App.—Houston [1st Dist.] 2019, no pet.) (trial court’s findings after bench trial
have same weight as jury verdict, and trial court, as finder of fact in bench trial, is
sole judge of witness credibility). We are unable to review Smith’s complaints
regarding sufficiency of the evidence without a full record. We overrule his first
issue.
Court Reporter
Smith argues that the judgment should be reversed because the county court
at law did not have a court reporter present during the trial. Generally, if a party
wants a court reporter to record trial court proceedings, the party must request the
court reporter to do so. See TEX. GOV’T CODE § 52.046(a) (stating court reporter
shall record proceedings “on request”); Johnson v. Freo Tex. LLC, No. 01-15-
7
00398-CV, 2016 WL 2745265, at *3 (Tex. App.—Houston [1st Dist.] May 10,
2016, no pet.) (mem. op.) (stating under section 52.046 of the Government Code,
court reporter is not obligated to record trial proceedings unless party requests);
Nabalek v. Dist. Att’y of Harris Cnty., 290 S.W.3d 222, 231 (Tex. App.—Houston
[14th Dist.] 2005, pet. denied) (same).
The record does not reflect that Smith requested a record be made nor does it
reflect that he brought any objection to the lack of reporter to the trial court’s
attention. See Giles v. Fed. Nat’l Mortg. Ass’n, No. 14-14-00931-CV, 2016 WL
308575, at *1 (Tex. App.—Houston [14th Dist.] Jan. 26, 2016, no pet.) (mem. op.)

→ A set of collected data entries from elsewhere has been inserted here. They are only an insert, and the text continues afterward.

-- ===== src/Expiring/Fuel.antt =====
-- The loop over the batches ends.
use Prim.Native.Nat.{◌+◌ as plus_ℕ, ◌≤◌}
use pmt.Prelude.{
  ℕ, zero, suc, ◌≡◌, refl, ap, false, Option, none, some, List, [], ◌∷◌, ◌++◌, length, ltb, arith,
  if◌then◌else◌,
}
use pmt.Numeric.{Numeric}
use pmt.Expiring.{Event, Parsers, with_batch, scan_events, scan_batches}

with_batch-ap :
    {A : Type 0} (o : Option (List Event)) (k l : List Event → List A)
    → ((event : Event) (events : List Event) → k (event ∷ events) ≡ l (event ∷ events))
    → with_batch o k ≡ with_batch o l
with_batch-ap none k l h = refl
with_batch-ap (some []) k l h = refl
with_batch-ap (some (event ∷ events)) k l h = h event events

module _ {F T : Type 0} ⦃f : Numeric F⦄ (parsers : Parsers F T) (min_price_pct max_hours : F)
    (fetch : ℕ → Option (List Event)) (max_events : ℕ) where
  no_batch : (fetched : ℕ) → max_events ≤ fetched → ltb fetched max_events ≡ false
  no_batch fetched h = ground (arith)

  scan_batches-done :
      (fuel fetched offset : ℕ)
      → max_events ≤ fetched
      → scan_batches parsers min_price_pct max_hours fetch max_events fuel fetched offset ≡ []
  unfolding scan_batches
  scan_batches-done zero fetched offset h = refl
  scan_batches-done (suc fuel) fetched offset h = rw (no_batch fetched h) refl

  -- With fuel for the events that are left up to `max_events`, more fuel changes nothing: the loop
  -- has ended by itself.
  pub scan_batches_enough :
      (fuel more fetched offset : ℕ)
      → max_events ≤ plus_ℕ fetched fuel
      → fuel ≤ more
      → scan_batches parsers min_price_pct max_hours fetch max_events more fetched offset
        ≡ scan_batches parsers min_price_pct max_hours fetch max_events fuel fetched offset
  unfolding scan_batches
  scan_batches_enough zero more fetched offset h k =
      scan_batches-done more fetched offset (omega (arith, h))
  scan_batches_enough (suc fuel) zero fetched offset h k = absurd (omega (arith, k))
  scan_batches_enough (suc fuel) (suc more) fetched offset h k =
      with_batch-ap (if ltb fetched max_events then fetch offset else none) _ _ (λ event events.
        ap
          (λ rest.
            let found = scan_events parsers min_price_pct max_hours (event ∷ events) in
            if found.failed then found.added else found.added ++ rest)
          (scan_batches_enough fuel more (plus_ℕ fetched (length (event ∷ events)))
            (plus_ℕ offset 100) (omega (arith, h)) (omega (arith, k))))
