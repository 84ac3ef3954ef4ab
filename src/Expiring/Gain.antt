-- ===== src/Expiring/Gain.antt =====
-- The return of an opportunity that ends now or later.
use pmt.Prelude.{Bool-cases, inl, inr, Returns, returned}
use pmt.Numeric.{Numeric, ◌-◌, ◌*◌, ◌/◌, ◌<?◌, ◌≤◌, ◌<◌, nought}
use pmt.Numeric.Order.{KeepsSigns, divide_pos}
use pmt.Expiring.{MaxReturn, hourly_rate, calculate_max_return}

module _ {F : Type 0} ⦃f : Numeric F⦄ where
  -- No part of the return is below zero.
  pub record IsReturn (r : MaxReturn F) : Type 0 where
    pub gains : nought ≤ r.max_return_pct
    pub rate : nought ≤ r.hourly_rate_pct
    pub drop : nought ≤ r.break_even_drop_pct

  module _ (laws : KeepsSigns F) where
    hourly_rate_nonneg :
        (gain hours : F) → nought ≤ gain → nought ≤ hours → nought ≤ hourly_rate gain hours
    unfolding hourly_rate
    hourly_rate_nonneg gain hours h k = rw k (elim (Bool-cases (nought <? hours)) [
      | inl e ↦ rw e (laws.div_nonneg gain hours h e)
      | inr e ↦ rw e h
    ])

    -- Over numbers with the rules of signs, which floats meet with their rounding, for a price over 0
    -- and up to 100 per cent, and an end that is not past, the computation returns: the gain, the
    -- hourly rate and the drop to break even are not below zero.
    pub calculate_max_return-IsReturn :
        (price_pct hours_left : F)
        → nought < price_pct
        → price_pct ≤ f.lit 100 0
        → nought ≤ hours_left
        → Returns IsReturn (calculate_max_return price_pct hours_left)
    unfolding calculate_max_return
    calculate_max_return-IsReturn price_pct hours_left h k l =
        let drop = f.lit 100 0 - price_pct in
        let drop_nonneg = laws.sub_nonneg (f.lit 100 0) price_pct k in
        let gain =
          laws.mul_nonneg (drop / price_pct) (f.lit 100 0)
            (laws.div_nonneg drop price_pct drop_nonneg h) (laws.lit_nonneg 100) in
        rw (divide_pos drop price_pct h) (
          returned (record {
            gains = gain;
            rate = hourly_rate_nonneg (drop / price_pct * f.lit 100 0) hours_left gain l;
            drop = drop_nonneg;
          }))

(stating objection to lack of reporter’s objection could have been made in writing
and included in clerk’s record). Smith’s failure to comply with the applicable laws
and rules of procedure is not excused because he was proceeding pro se. See
Johnson, 2016 WL 2745265, at *3 (citing Mansfield State Bank v. Cohn, 573
S.W.2d 181, 185 (Tex. 1978)). Smith did not properly request a reporter’s record,
nor did he preserve his complaint that the trial court did not provide one. See TEX.
R. APP. P. 33.1. Accordingly, Smith cannot show error in failure to take a record.
See Nabalek, 290 S.W.3d at 231 (party cannot show error in failure to take record
if party does not demonstrate that it requested court reporter take a record). We
overrule his complaint regarding lack of a court reporter and reporter’s record.
8
Appeal to the County Court at Law
Finally, Smith argues that the appellees failed to file a motion to set aside the
justice court’s order before appealing to the county court at law. Ideal Towing
responds that the Texas Rules of Civil Procedure did not require such a motion.
We agree.
A party may file a motion for new trial no later than 14 days after a
judgment is signed. TEX. R. CIV. P. 505.3(c). A party need not move for new trial
as a prerequisite for appealing the judgment. See id. § 505.3(d) (“Motion Not
Required. Failure to file a [motion for new trial] under this rule does not affect a
party’s right to appeal the underlying judgment.”) A party perfects an appeal from
the justice court to the county court at law by paying a bond, cash deposit, or filing
a statement of inability to pay court costs. See id. § 506.1(h). The case must be
tried de novo in the county court. Id. § 506.3. “A trial de novo is a new trial in
which the entire case is presented as if there has been no previous trial.” Id.
The appellees did not err by appealing the judgment to the county court at
law without first moving for a new trial in the justice court. We overrule Smith’s
third issue.
9
Conclusion
We affirm the judgment of the trial court.
Peter Kelly
Justice
Panel consists of Justices Kelly, Rivas-Molloy, and Guerra.